Mandates vs Autonomy
The crypto-economic security derives from a law of large numbers. Bitcoin and Ethereum are able to achieve these large numbers by incentivizing participants. They have a strict set of rules to follow that turn inputs into reliable outputs.
DAOs can't incentivize the needed large numbers because when we pay for people to respond, unlike the very specific rules of hardware miners, we get more noise as we pay more. Its exactly the opposite of the higher signal bitcoin receives.
Now before I divulge the solution for this problem, you must understand why autonomy is needed. Take a look at my sophisticated diagram with a worker, a factory, and a town.
Without autonomy, the worker is going to be paid by the factory which serves the town. Maybe the town people pay the factory through taxes. Maybe direct. We all agree that the worker is being paid by the factory and his mandate is to do his factory job. He does not have autonomy. There is one entity telling him what he's worth.
Centralization means that the decision making autonomy is centralized in the factory, not the worker.
Now we know that this little dude would be SOOO much more productive if he was inspired, working for himself, in his lane, moisturized, and thriving. Why do we know this?
Centralization is good for aligning individual actors through mandates to collaborate in a way that the factory gets to keep the increasing returns from the collaboration.
Decentralization is good for letting the little dude go and price his skills on the market and optimize his skills to be the best at what he does. Capitalism is a great tool for driving this.

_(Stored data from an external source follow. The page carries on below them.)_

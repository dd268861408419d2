-- ===== src/Storage/SlottedPage/Room.antt =====
-- Areas that lie apart from one another have room between two bounds only for the sum of their
-- sizes: so neither `dead_bytes` nor `compact` subtracts too much.
use mo_db.Prelude.{
  ℕ, zero, suc, ◌+◌, ◌-◌, ◌≤◌, ◌<◌, ◌≡◌, ◌≢◌, ◌⊎◌, inl, inr, refl, ap₂, ◌∙◌, arith, ◌&&◌, leb, ltb,
  le→leb, lt→ltb, leb-false, ltb-false, leb→le, ltb→lt, ltb-false→le, leb-false→lt, max, ◌==◌,
  ==_iff, Bool-cases, zero-cases, if◌then◌else◌,
}
use mo_db.Storage.SlottedPage.{
  Page, record_offset, record_size, record_capacity, slot_count, free_end, live_capacity,
}
use mo_db.Storage.SlottedPage.Slots.{IsPage}

-- The sum of the first `n` values of a function.
pub total : (ℕ → ℕ) → ℕ → ℕ
total f zero = 0
total f (suc n) = total f n + f n

total-add : (f g : ℕ → ℕ) (n : ℕ) → total (λ i. f i + g i) n ≡ total f n + total g n
unfolding total
total-add f g zero = refl
total-add f g (suc n) = omega (arith, total-add f g n)

total-le : (f : ℕ → ℕ) (n : ℕ) → ((i : ℕ) → i < n → f i ≤ 1) → total f n ≤ n
unfolding total
total-le f zero h = omega arith
total-le f (suc n) h = omega (arith, total-le f n (λ i a. h i (omega arith)), h n (omega arith))

total-zero : (f : ℕ → ℕ) (n : ℕ) → ((i : ℕ) → i < n → f i ≡ 0) → total f n ≡ 0
unfolding total
total-zero f zero h = refl
total-zero f (suc n) h = omega (arith, total-zero f n (λ i a. h i (omega arith)), h n (omega arith))

-- Whether a place lies in an area.
hit : ℕ → ℕ → ℕ → ℕ
hit low size x = if leb low x && ltb x (low + size) then 1 else 0

hit-inside : (low size x : ℕ) → low ≤ x → x < low + size → hit low size x ≡ 1
unfolding hit
hit-inside low size x a b = rw (le→leb low x a, lt→ltb x (low + size) b) refl

hit-below : (low size x : ℕ) → x < low → hit low size x ≡ 0
unfolding hit
hit-below low size x a = rw (leb-false low x a) refl

hit-above : (low size x : ℕ) → low + size ≤ x → hit low size x ≡ 0
unfolding hit
hit-above low size x a = rw (le→leb low x (omega arith), ltb-false x (low + size) a) refl

-- Where a place lies.
data IsPlace (low size x : ℕ) : Type 0 where
  below : x < low → IsPlace low size x
  inside : low ≤ x → x < low + size → IsPlace low size x
  above : low + size ≤ x → IsPlace low size x

place_of : (low size x : ℕ) → IsPlace low size x
place_of low size x = elim (Bool-cases (leb low x)) [
  | inr a ↦ below (leb-false→lt low x a)
  | inl a ↦ elim (Bool-cases (ltb x (low + size))) [
    | inl b ↦ inside (leb→le low x a) (ltb→lt x (low + size) b)
    | inr b ↦ above (ltb-false→le x (low + size) b)
  ]
]

-- The places of an area among those from `a` on: none before it, and all of it once it is passed.
total-hit_below : (a low size m : ℕ) → a + m ≤ low → total (λ x. hit low size (a + x)) m ≡ 0
total-hit_below a low size m h =
    total-zero (λ x. hit low size (a + x)) m (λ i b. hit-below low size (a + i) (omega arith))

total-hit_inside :
    (a low size k : ℕ) → a ≤ low → k ≤ size → total (λ x. hit low size (a + x)) (low - a + k) ≡ k
unfolding total
total-hit_inside a low size zero h b =
    let e : low - a + 0 ≡ low - a = omega arith in
    rw e (total-hit_below a low size (low - a) (omega arith))
total-hit_inside a low size (suc k) h b =
    let e : low - a + suc k ≡ suc (low - a + k) = omega arith in
    rw e (
      omega (
        arith,
        total-hit_inside a low size k h (omega arith),
        hit-inside low size (a + (low - a + k)) (omega arith) (omega arith),
      ))

total-hit_above :
    (a low size k : ℕ) → a ≤ low → total (λ x. hit low size (a + x)) (low - a + size + k) ≡ size
unfolding total
total-hit_above a low size zero h =
    let e : low - a + size + 0 ≡ low - a + size = omega arith in
    rw e (total-hit_inside a low size size h (omega arith))
total-hit_above a low size (suc k) h =
    let e : low - a + size + suc k ≡ suc (low - a + size + k) = omega arith in
    rw e (
      omega (
        arith,
        total-hit_above a low size k h,
        hit-above low size (a + (low - a + size + k)) (omega arith),
      ))

total-hit :
    (a low size m : ℕ) → a ≤ low → low + size ≤ a + m → total (λ x. hit low size (a + x)) m ≡ size
total-hit a low size m h b =
    let e : low - a + size + (a + m - (low + size)) ≡ m = omega arith in
    rw e at (total-hit_above a low size (a + m - (low + size)) h)

module _ (low size : ℕ → ℕ) where
  -- In how many of the first `n` areas a place lies.
  cover : ℕ → ℕ → ℕ
  cover n x = total (λ i. hit (low i) (size i) x) n

  pub AreApart : ℕ → ℕ → Type 0
  AreApart i j =
      (size i ≡ 0) ⊎ ((size j ≡ 0) ⊎ ((low i + size i ≤ low j) ⊎ (low j + size j ≤ low i)))

  miss : (i j x : ℕ) → AreApart i j → low j ≤ x → x < low j + size j → hit (low i) (size i) x ≡ 0
  unfolding AreApart
  miss i j x (inl e) a b = elim (place_of (low i) (size i) x) [
    | below c ↦ hit-below (low i) (size i) x c
    | inside c d ↦ absurd (omega arith)
    | above c ↦ hit-above (low i) (size i) x c
  ]
  miss i j x (inr (inl e)) a b = absurd (omega arith)
  miss i j x (inr (inr (inl c))) a b = hit-above (low i) (size i) x (omega arith)
  miss i j x (inr (inr (inr c))) a b = hit-below (low i) (size i) x (omega arith)

  cover-le : (n x : ℕ) → ((i j : ℕ) → i < n → j < n → i ≢ j → AreApart i j) → cover n x ≤ 1
  unfolding cover total
  cover-le zero x h = omega arith
  cover-le (suc n) x h = elim (place_of (low n) (size n) x) [
    | below c ↦ omega (
      arith,
      hit-below (low n) (size n) x c,
      cover-le n x (λ i j a b e. h i j (omega arith) (omega arith) e),
    )
    | above c ↦ omega (
      arith,
      hit-above (low n) (size n) x c,
      cover-le n x (λ i j a b e. h i j (omega arith) (omega arith) e),
    )
    | inside c d ↦ omega (
      arith,
      hit-inside (low n) (size n) x c d,
      total-zero (λ i. hit (low i) (size i) x) n
          (λ i a. miss i n x (h i n (omega arith) (omega arith) (λ e. omega (arith, e))) c d),
    )
  ]

  -- Counted by places or by areas.
  total-cover :
      (n a m : ℕ)
      → ((i : ℕ) → i < n → (a ≤ low i) × (low i + size i ≤ a + m))
      → total (λ x. cover n (a + x)) m ≡ total size n
  unfolding total cover
  total-cover zero a m h = total-zero (λ x. 0) m (λ i b. refl)
  total-cover (suc n) a m h =
      let (above_a, below_m) = h n (omega arith) in
      total-add (λ x. cover n (a + x)) (λ x. hit (low n) (size n) (a + x)) m
      ∙ ap₂ ◌+◌ (total-cover n a m (λ i b. h i (omega arith)))
          (total-hit a (low n) (size n) m above_a below_m)

  -- The sizes of areas that lie apart between two bounds.
  pub total-size :
      (n a m : ℕ)
      → ((i : ℕ) → i < n → (a ≤ low i) × (low i + size i ≤ a + m))
      → ((i j : ℕ) → i < n → j < n → i ≢ j → AreApart i j)
      → total size n ≤ m
  total-size n a m h k =
      omega (
        arith,
        total-cover n a m h,
        total-le (λ x. cover n (a + x)) m (λ i b. cover-le n (a + i) k),
      )

live_capacity-total :
    (p : Page) (n : ℕ)
    → ((i : ℕ) → i < n → record_size p i ≡ 0 → record_capacity p i ≡ 0)
    → live_capacity n p ≡ total (record_capacity p) n
unfolding live_capacity total
live_capacity-total p zero h = refl
live_capacity-total p (suc n) h =
    let before = live_capacity-total p n (λ i a. h i (omega arith)) in
    elim (Bool-cases (record_size p n == 0)) [
      | inl free ↦
          rw free (omega (arith, before, h n (omega arith) ((==_iff (record_size p n) 0).0 free)))
      | inr live ↦ rw live (omega (arith, before))
    ]

-- The records of a well-formed page have room behind its free space.
pub live_capacity-le :
    (p : Page) (n : ℕ) → IsPage p → n ≤ slot_count p → live_capacity n p + free_end p ≤ 8192
unfolding AreApart
live_capacity-le p n h b = omega (
  arith,
  live_capacity-total p n (λ i a e. ((h.slot i (omega arith)).free e).1),
  h.high,
  total-size low (record_capacity p) n (free_end p) (8192 - free_end p) inside apart,
)
  where
    low : ℕ → ℕ
    low i = max (record_offset p i) (free_end p)

    inside :
        (i : ℕ)
        → i < n
        → (free_end p ≤ low i) × (low i + record_capacity p i ≤ free_end p + (8192 - free_end p))
    inside i a = elim (zero-cases (record_size p i)) [
      | inl e ↦
          let (o, c) = (h.slot i (omega arith)).free e in (omega arith, omega (arith, o, c, h.high))
      | inr e ↦ let s = h.slot i (omega arith) in (omega arith, omega (arith, s.low e, s.high))
    ]

    apart : (i j : ℕ) → i < n → j < n → i ≢ j → AreApart low (record_capacity p) i j
    apart i j a c e = elim (zero-cases (record_size p i)) [
      | inl z ↦ inl ((h.slot i (omega arith)).free z).1
      | inr u ↦ elim (zero-cases (record_size p j)) [
        | inl z ↦ inr (inl ((h.slot j (omega arith)).free z).1)
        | inr v ↦
            let f : free_end p ≤ record_offset p i = (h.slot i (omega arith)).low u in
            let g : free_end p ≤ record_offset p j = (h.slot j (omega arith)).low v in
            elim (h.apart i j (omega arith) (omega arith) e u v) [
              | inl k ↦ inr (inr (inl (omega (arith, k, f, g))))
              | inr k ↦ inr (inr (inr (omega (arith, k, f, g))))
            ]
      ]
    ]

Autonomy is a good tool for the little guy to want to go optimize his skills. If he stays employed with the factory instead of running his own business he will be motivated to be as good as the average DMV worker. Unless the centralized entity is transparent about his pay an others. If he feels that his pay is legitimate, he will work to the extent of his capability.
DAOs are a new mechanism trying to bring the economies of scale benefits to many centralized entities. The only way to do this is to maximize for the centralized entities - the workers - to optimize as if they were selling to a market. Now how do they allow the autonomy to the worker to sell to the market and optimize 100% while still ensuring they are in collaborate mode and not defect mode?
This is the problem DAOs are trying to solve.
DAOs Are Not Entities
Not even that cute Cayman foundation or the well structured OpCo which must listen to token holders. Those are both centralized entities that are part of the network. DAOs are ecosystem. They include a bunch of centralized entities which are good at optimizing for revenue.
DAOs are ecosystems like a city.
All the people living there (users) and the businesses they support (protocol and dapp builders) need the infrastructure like the roads and electricity (open source dev tools and blockchain code). We need service providers to pick up sanitation and provide public services like parks (security subsidy fund) or even specialized SPs to drive subsidies for businesses (development incentives) in a food desert or low cost capital for real estate developers (liquidity incentives).
Yes, there is a place for a city hall (foundation or OpCo), however, if city hall does all the work itself it will just bloat. Because it hires by mandate, it can coordinate collaboration in a centralized and gatekept way. Even when trying to decentralize and hire more service providers - only the friends of City Hall will feel like they have a chance to be hired.
You aren't in a DAO, you are participating in decentralized and autonomous organizing. The difference of good centralized governance and good decentralized governance is that decentralized must be so good people choose to opt into the rules.
Should the city optimize for revenue? No. It should optimize for more users moving to the city. Not by paying for their first month rent and watching them move out of the city after the program ends, but by supporting the things that make a uniquely enjoyable experience living in the city.